The Pretender: Island of the Haunted is an American made-for-television action-drama film and the second and final of The Pretender franchise of movies starring Michael T. Weiss, as a professor searching for a mysterious artifact. The television film was released on American cable channel TNT on December 10, 2001.

==Plot==
The film begins with Jarod (Michael T. Weiss) working as a professor and searching for a mysterious artifact. Both he and Ms. Parker (Andrea Parker) received e-mails containing a photograph of their mothers standing side by side at the end of the previous film, and it is revealed that the artifact Jarod is searching for appears in the photograph, engraved on a wall behind the two women. Jarod's search leads him to a shopkeeper who shows Jarod a small hidden compartment below his store, where the picture of his mother and Mrs. Parker was apparently taken. The shopkeeper believes the shop to be haunted, as occult worship once took place there, and tells Jarod that the engraving on the wall is evidence of this. Meanwhile, Ms. Parker visits the store and leaves with a small doll, then returns to The Centre, where she shows the doll to Angelo. Angelo goes into a fit, drawing a perfect picture of the engraving, and then draws a picture of an old monastery, calling it an "Evil Place" and chanting "evil people, evil place" repeatedly. The monastery is on the Isle of the Haunted, where Jarod has gone to find his mother. Ms. Parker follows.

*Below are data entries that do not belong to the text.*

-- ===== src/Tests/Saves.antt =====
-- Saves of auth.json, on files.
use vm_vitals.Base.{◌≡◌, true, false, [], ◌∷◌, none, some, arith, ok, err}
use vm_vitals.Auth.State.{at_write, no_fault}
use vm_vitals.Auth.Persist.{replace_file}
use vm_vitals.Auth.Persist.Files.{Files, view, opens, ended, save_alone, save_both}
use vm_vitals.Auth.Persist.Files.Alone.{Apart, save_alone-replace_file}
use vm_vitals.Auth.Persist.Files.Crash.{IsWhole, save_alone-IsWhole}
use vm_vitals.Auth.Persist.Files.Race.{save_both-empties}

-- auth.json is there, and no temporary file.
abbrev on_disk : Files
on_disk = record { text = λ i. 123 ∷ 125 ∷ []; used = 1; json = some 0; tmp = none }

on_disk-Apart : Apart on_disk
on_disk-Apart = record {
  json_used = λ i h. ground arith;
  tmp_used = λ i h. absurd (ground arith);
  different = λ i h k. absurd (ground arith);
}

save_alone-replace_file_example :
    (view (save_alone (at_write 1) (91 ∷ 93 ∷ []) opens on_disk 4).0
      ≡ (replace_file (at_write 1) (91 ∷ 93 ∷ []) (view on_disk)).0)
    × ((save_alone (at_write 1) (91 ∷ 93 ∷ []) opens on_disk 4).1
        ≡ ended (replace_file (at_write 1) (91 ∷ 93 ∷ []) (view on_disk)).1)
    × Apart (save_alone (at_write 1) (91 ∷ 93 ∷ []) opens on_disk 4).0
save_alone-replace_file_example =
    save_alone-replace_file (at_write 1) (91 ∷ 93 ∷ []) on_disk on_disk-Apart

-- Stopped before the rename.
save_alone-IsWhole_example :
    IsWhole (91 ∷ 93 ∷ []) on_disk (save_alone no_fault (91 ∷ 93 ∷ []) opens on_disk 3)
save_alone-IsWhole_example = save_alone-IsWhole (91 ∷ 93 ∷ []) on_disk on_disk-Apart no_fault 3

save_both-empties_example :
    let (g, p, q) =
      save_both
        (91 ∷ 93 ∷ [])
        (65 ∷ [])
        (true ∷ true ∷ true ∷ false ∷ true ∷ [])
        (on_disk, opens, opens) in
    (p ≡ ended (ok tt))
    × ((view g).json ≡ some [])
    × (let (h, p', q') =
          save_both (91 ∷ 93 ∷ []) (65 ∷ []) (false ∷ false ∷ false ∷ []) (g, p, q) in
        (q' ≡ ended (err "replacing auth.json")) × ((view h).json ≡ some (65 ∷ [])))
save_both-empties_example = save_both-empties (91 ∷ 93 ∷ []) (65 ∷ []) on_disk
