-- ===== src/Web/App/Secret.antt =====
-- web.rs, `router`: what a request that is not let through can learn.
use mathlib.Core.Option
use vm_vitals.Base.{
  ℕ, ◌≡◌, refl, ap, sym, ◌∙◌, ◌⊎◌, inl, inr, Bool, true, false, Option, some, arith, All,
  Bool-cases, text_eq,
}
use vm_vitals.Base.Http.{Status}
use vm_vitals.Auth.Crates.{Crates}
use vm_vitals.Auth.State.{AuthState}
use vm_vitals.Collect.Snapshot.{published}
use vm_vitals.Web.Gate.Access.{Permitted}
use vm_vitals.Web.Router.{
  Endpoint, to_index, to_healthz, to_logout, to_auth_status, to_register_start, to_register_finish,
  to_login_start, to_login_finish, to_status, to_series, Route, Response, router, routes, is_gated,
}
use vm_vitals.Web.Router.Gated.{get_elem?, All-get_elem?, router-closed, router-open, hardened}
use vm_vitals.Web.App.{AppState, Incoming, Reply, handle, handlers, serve}

-- The handler reads neither the snapshot nor the history, but for what `healthz` publishes.
abbrev is_open : Endpoint → Bool
is_open to_index = true
is_open to_healthz = true
is_open to_logout = true
is_open to_auth_status = true
is_open to_register_start = true
is_open to_register_finish = true
is_open to_login_start = true
is_open to_login_finish = true
is_open to_status = false
is_open to_series = false

routes_sorted : All (λ r. (is_gated r ≡ true) ⊎ (is_open r.endpoint ≡ true)) routes
unfolding is_gated text_eq
routes_sorted = (
  inr refl,
  (
    inr refl,
    (
      inr refl,
      (inr refl, (inr refl, (inr refl, (inr refl, (inr refl, (inl refl, (inl refl, tt))))))),
    ),
  ),
)

module _ {c : Crates} {Host F : Type 0} where
  -- The states agree on what is told to anybody.
  pub record Alike (a b : AppState c Host F) : Type 0 where
    pub token : a.token ≡ b.token
    pub auth : a.auth ≡ b.auth
    pub health : Option.map published a.snapshot ≡ Option.map published b.snapshot

  handle-Alike :
      (req : Incoming c Host F) (a b : AppState c Host F) (e : Endpoint)
      (auth : Option (AuthState c))
      → is_open e ≡ true
      → Alike a b
      → handle req a e auth ≡ handle req b e auth
  unfolding handle
  handle-Alike req a b to_index auth h k = refl
  handle-Alike req a b to_healthz auth h k = rw k.health refl
  handle-Alike req a b to_logout auth h k = refl
  handle-Alike req a b to_auth_status auth h k = refl
  handle-Alike req a b to_register_start auth h k = refl
  handle-Alike req a b to_register_finish auth h k = refl
  handle-Alike req a b to_login_start auth h k = refl
  handle-Alike req a b to_login_finish auth h k = refl
  handle-Alike req a b to_status auth h k = absurd (ground arith)
  handle-Alike req a b to_series auth h k = absurd (ground arith)

  module _ (render : Reply c Host F → Response) (of_status : Status → Response) (missing : Response)
      (now : ℕ) (req : Incoming c Host F) where
    router-Alike :
        (a b : AppState c Host F) (r : Route)
        → Alike a b
        → ¬ Permitted c now req.gate a.token a.auth
        → (is_gated r ≡ true) ⊎ (is_open r.endpoint ≡ true)
        → router c of_status missing (handlers render req a) now req.gate a.token (some r) a.auth
          ≡ router c of_status missing (handlers render req b) now req.gate a.token (some r) a.auth
    unfolding handlers handle
    router-Alike a b r k out how = elim (Bool-cases (is_gated r)) [
      | inl g ↦
          (router-closed c of_status missing (handlers render req a) (handlers render req b) now
            req.gate a.token r a.auth g out).1
      | inr g ↦
          router-open c of_status missing (handlers render req a) now req.gate a.token r a.auth g
          ∙ ap (λ s. hardened c of_status missing (s.0, render s.1))
              (handle-Alike req a b r.endpoint a.auth
                (elim how [ inl g' ↦ absurd (ground (arith, g, g')) | inr o ↦ o ]) k)
          ∙ sym (
              router-open c of_status missing (handlers render req b) now req.gate a.token r a.auth
                g)
    ]

    -- Two servers in states that agree on the token, on the sign-in, and on what the health check
    -- reads of the snapshot, give a request that is not let through the same answer on every route,
    -- whatever their snapshots and histories hold, and go on with the same sign-in.
    pub serve-Alike :
        (a b : AppState c Host F) (i : ℕ) (r : Route)
        → Alike a b
        → get_elem? routes i ≡ some r
        → ¬ Permitted c now req.gate a.token a.auth
        → ((serve render of_status missing now (some r) req a).1
            ≡ (serve render of_status missing now (some r) req b).1)
          × ((serve render of_status missing now (some r) req a).0.auth
              ≡ (serve render of_status missing now (some r) req b).0.auth)
    unfolding serve
    serve-Alike a b i r k there out =
        let sorted =
          All-get_elem? (λ s. (is_gated s ≡ true) ⊎ (is_open s.endpoint ≡ true)) routes i r
            routes_sorted there in
        let same = router-Alike a b r k out sorted in
        (
          rw (← k.token, ← k.auth) (ap (λ s. s.1) same),
          rw (← k.token, ← k.auth) (ap (λ s. s.0) same),
        )
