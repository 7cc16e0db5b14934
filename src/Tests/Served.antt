-- ===== src/Tests/Served.antt =====
-- The server: what is answered, to whom.
use vm_vitals.Base.{ℕ, ◌≡◌, refl, String, Option, none, some, Text, codes, ok, err}
use vm_vitals.Base.Http.{Status}
use vm_vitals.Web.Gate.{Request}
use vm_vitals.Web.Gate.Access.{Permitted, by_token}
use vm_vitals.Web.Router.{Response}
use vm_vitals.Web.App.{AppState, Incoming, Reply, points, health, serve}
use vm_vitals.Web.App.Secret.{serve-Alike}
use vm_vitals.Web.App.Served.{series_route}
use vm_vitals.Collect.Snapshot.{published}
use vm_vitals.Main.Points.{HostFigures}
use vm_vitals.Tests.Toy.{toy, no_cookies, env_at}
use vm_vitals.Tests.Accounts.{claimed}
use vm_vitals.Tests.Surface.{bare_request, day_query}
use vm_vitals.Tests.Store.{opened, written}
use vm_vitals.Tests.Loop.{bare, quiet}
use vm_vitals.Tests.Routes.{plain, refused}

-- A response without text.
abbrev pub render : Reply toy (HostFigures ℕ) ℕ → Response
render (points (err (status, e))) = plain status
render (health (status, a)) = plain status
render r = plain Status.ok

abbrev app : AppState toy (HostFigures ℕ) ℕ
app = record {
  snapshot = some bare;
  token = some (codes "secret");
  auth = some claimed;
  store = written;
}

-- The same to anybody, with a busier host and no history.
abbrev other_app : AppState toy (HostFigures ℕ) ℕ
other_app = record app {
  snapshot = some (record bare { host = record quiet { cpu_pct = 90 } });
  store = opened;
}

abbrev pub bearer_request : Request (String → Option Text)
bearer_request = record { authorization = some (some (codes "Bearer secret")); jar = no_cookies }

abbrev pub asks : Request (String → Option Text) → Incoming toy (HostFigures ℕ) ℕ
asks gate = record {
  gate = gate;
  env = env_at 500 1;
  body = none;
  registers = none;
  signs_in = none;
  query = some day_query;
  database = some (ok tt);
}

pub may : Permitted toy 500 bearer_request (some (codes "secret")) (some claimed)
may = by_token (codes "secret") refl (record { got = codes "secret"; sent = refl; matches = refl })

serve-Alike_example :
    ((serve render plain (plain Status.not_found) 500 (some series_route) (asks bare_request) app).1
      ≡ (serve render plain
          (plain Status.not_found)
          500
          (some series_route)
          (asks bare_request)
          other_app).1)
    × ((serve render plain
          (plain Status.not_found)
          500
          (some series_route)
          (asks bare_request)
          app).0.auth
        ≡ (serve render plain
            (plain Status.not_found)
            500
            (some series_route)
            (asks bare_request)
            other_app).0.auth)
unfolding published
serve-Alike_example =
    serve-Alike render plain (plain Status.not_found) 500 (asks bare_request) app other_app 9
      series_route (record { token = refl; auth = refl; health = refl }) refl refused
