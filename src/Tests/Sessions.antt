-- ===== src/Tests/Sessions.antt =====
-- Sign-in, sessions and pending ceremonies.
use vm_vitals.Base.{
  List, insert, remove, retain, ◌≢◌, false, true, text_eq, text_eq_iff, ℕ, ◌≤◌, ◌≡◌, refl, ◌⊎◌,
  String, [], ◌∷◌, Option, some, arith, Text, Map, get, length, ok, err,
}
use vm_vitals.Base.Http.{Reject}
use vm_vitals.Auth.State.{AuthState, max_ceremonies}
use vm_vitals.Auth.Ceremony.{insert_capped, evict}
use vm_vitals.Auth.Ceremony.Ends.{Runs, evict-ends}
use vm_vitals.Auth.Ceremony.Bounds.{insert_capped_bounds}
use vm_vitals.Auth.Session.{auth_cookie, session_cookie}
use vm_vitals.Auth.Register.{ceremony_expired}
use vm_vitals.Auth.Login.{login_start, login_finish}
use vm_vitals.Auth.Login.Outcome.{SignsIn, signed_in, login_finish_cases}
use vm_vitals.Base.Hex.{hex32}
use vm_vitals.Auth.Run.{Op, starts_login, finishes_login, sweeps}
use vm_vitals.Auth.Run.Pending.{serve_all}
use vm_vitals.Auth.Run.Once.{login_finish_once, login_round_trip}
use vm_vitals.Tests.Toy.{toy, toy-JarKeeps, env_at, no_cookies, with_cookie, token_of}
use vm_vitals.Tests.Accounts.{claimed}

-- The browser that holds the cookie of the sign-in "01".
abbrev auth_jar : String → Option Text
auth_jar = with_cookie auth_cookie (token_of 1)

-- A sign-in is under way.
abbrev signing_in : AuthState toy
signing_in = record claimed { auth = (token_of 1, record { state = 42; expires = 400 }) ∷ [] }

login_finish_cases_example :
    ((b : AuthState toy) × (login_finish toy (env_at 110 3) auth_jar (42, 9) signing_in
        ≡ signed_in toy (env_at 110 3) auth_jar b)
      × SignsIn toy (env_at 110 3) auth_jar (42, 9) signing_in b)
    ⊎ ((e : Reject) × (login_finish toy (env_at 110 3) auth_jar (42, 9) signing_in
          ≡ (record signing_in { auth = remove (token_of 1) signing_in.auth }, err e)))
login_finish_cases_example = login_finish_cases toy (env_at 110 3) auth_jar (42, 9) signing_in

login_finish_once_example :
    login_finish toy
      (env_at 120 4)
      auth_jar
      (42, 9)
      (login_finish toy (env_at 110 3) auth_jar (42, 9) signing_in).0
    ≡ ((login_finish toy (env_at 110 3) auth_jar (42, 9) signing_in).0, err ceremony_expired)
login_finish_once_example =
    login_finish_once toy (env_at 110 3) (env_at 120 4) auth_jar (42, 9) (42, 9) signing_in
      (token_of 1) refl

other_key : hex32 (5 ∷ []) ≢ hex32 (1 ∷ [])
unfolding hex32 text_eq
other_key e = let same : false ≡ true = (text_eq_iff (hex32 (5 ∷ [])) (hex32 (1 ∷ []))).1 e in cc

-- Another sign-in starts, a sweep runs, and a finish comes without a ceremony.
abbrev between : List (Op toy)
between =
    starts_login (env_at 150 5) no_cookies
    ∷ sweeps 200
    ∷ finishes_login (env_at 210 6) no_cookies (42, 9)
    ∷ []

login_round_trip_example :
    (jar' : String → Option Text) × (b : AuthState toy) × ((login_start toy
        (env_at 100 1)
        no_cookies
        claimed).1
      ≡ ok (jar', 42))
    × (login_finish toy
          (env_at 300 3)
          jar'
          (42, 9)
          (serve_all toy between (login_start toy (env_at 100 1) no_cookies claimed).0)
        ≡ signed_in toy (env_at 300 3) jar' b)
unfolding login_start insert_capped insert remove retain hex32
login_round_trip_example =
    login_round_trip toy toy-JarKeeps (env_at 100 1) (env_at 300 3) no_cookies (42, 9) claimed 42 42
      9 between tt refl refl refl (omega arith)
      ((omega arith, other_key, omega arith), (omega arith, (λ e. cc, tt)))

abbrev session_jar : String → Option Text
session_jar = with_cookie session_cookie (token_of 2)

-- A map of expiry times with one entry.
abbrev pending_map : Map ℕ
pending_map = (token_of 1, 400) ∷ []

insert_capped_bounds_example :
    (length (insert_capped (λ e. e) 100 (token_of 2) 500 pending_map) ≤ max_ceremonies)
    × (get (token_of 2) (insert_capped (λ e. e) 100 (token_of 2) 500 pending_map) ≡ some 500)
insert_capped_bounds_example = insert_capped_bounds (λ e. e) 100 (token_of 2) 500 pending_map

-- Two entries where there is room for one.
abbrev crowded : Map ℕ
crowded = (token_of 1, 400) ∷ (token_of 2, 300) ∷ []

evict-ends_example :
    Runs (λ e. e) 2 crowded (evict (λ e. e) 2 2 crowded)
    × (evict (λ e. e) 2 5 crowded ≡ evict (λ e. e) 2 2 crowded)
evict-ends_example = evict-ends (λ e. e) 2 5 crowded (omega arith)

A hunt begins for a set of scrolls containing prophecies on the Isle of Carthis. Jarod and Ms. Parker form an uneasy alliance in order to learn the history behind The Centre. While tracing her lineage, Ms. Parker discovers that her supposed father, Mr. Parker (Harve Presnell), is actually her uncle, and that she is actually the daughter of William Raines (Richard Marcus). The Centre's original founder, Ms. Parker's ancestor, is revealed to have once resided on Carthis. In light of these discoveries, Ms. Parker's allegiance starts to waver. She turns Jarod over to the Centre authorities once they reach the mainland, but later confronts her "father", Jarod, Raines, and Lyle (James Denton) on board their plane. When Jarod goads Mr. Parker into looking at the text of the scrolls, Parker is stunned by what he reads. He grabs the scrolls, then parachutes out of the plane, apparently to his death.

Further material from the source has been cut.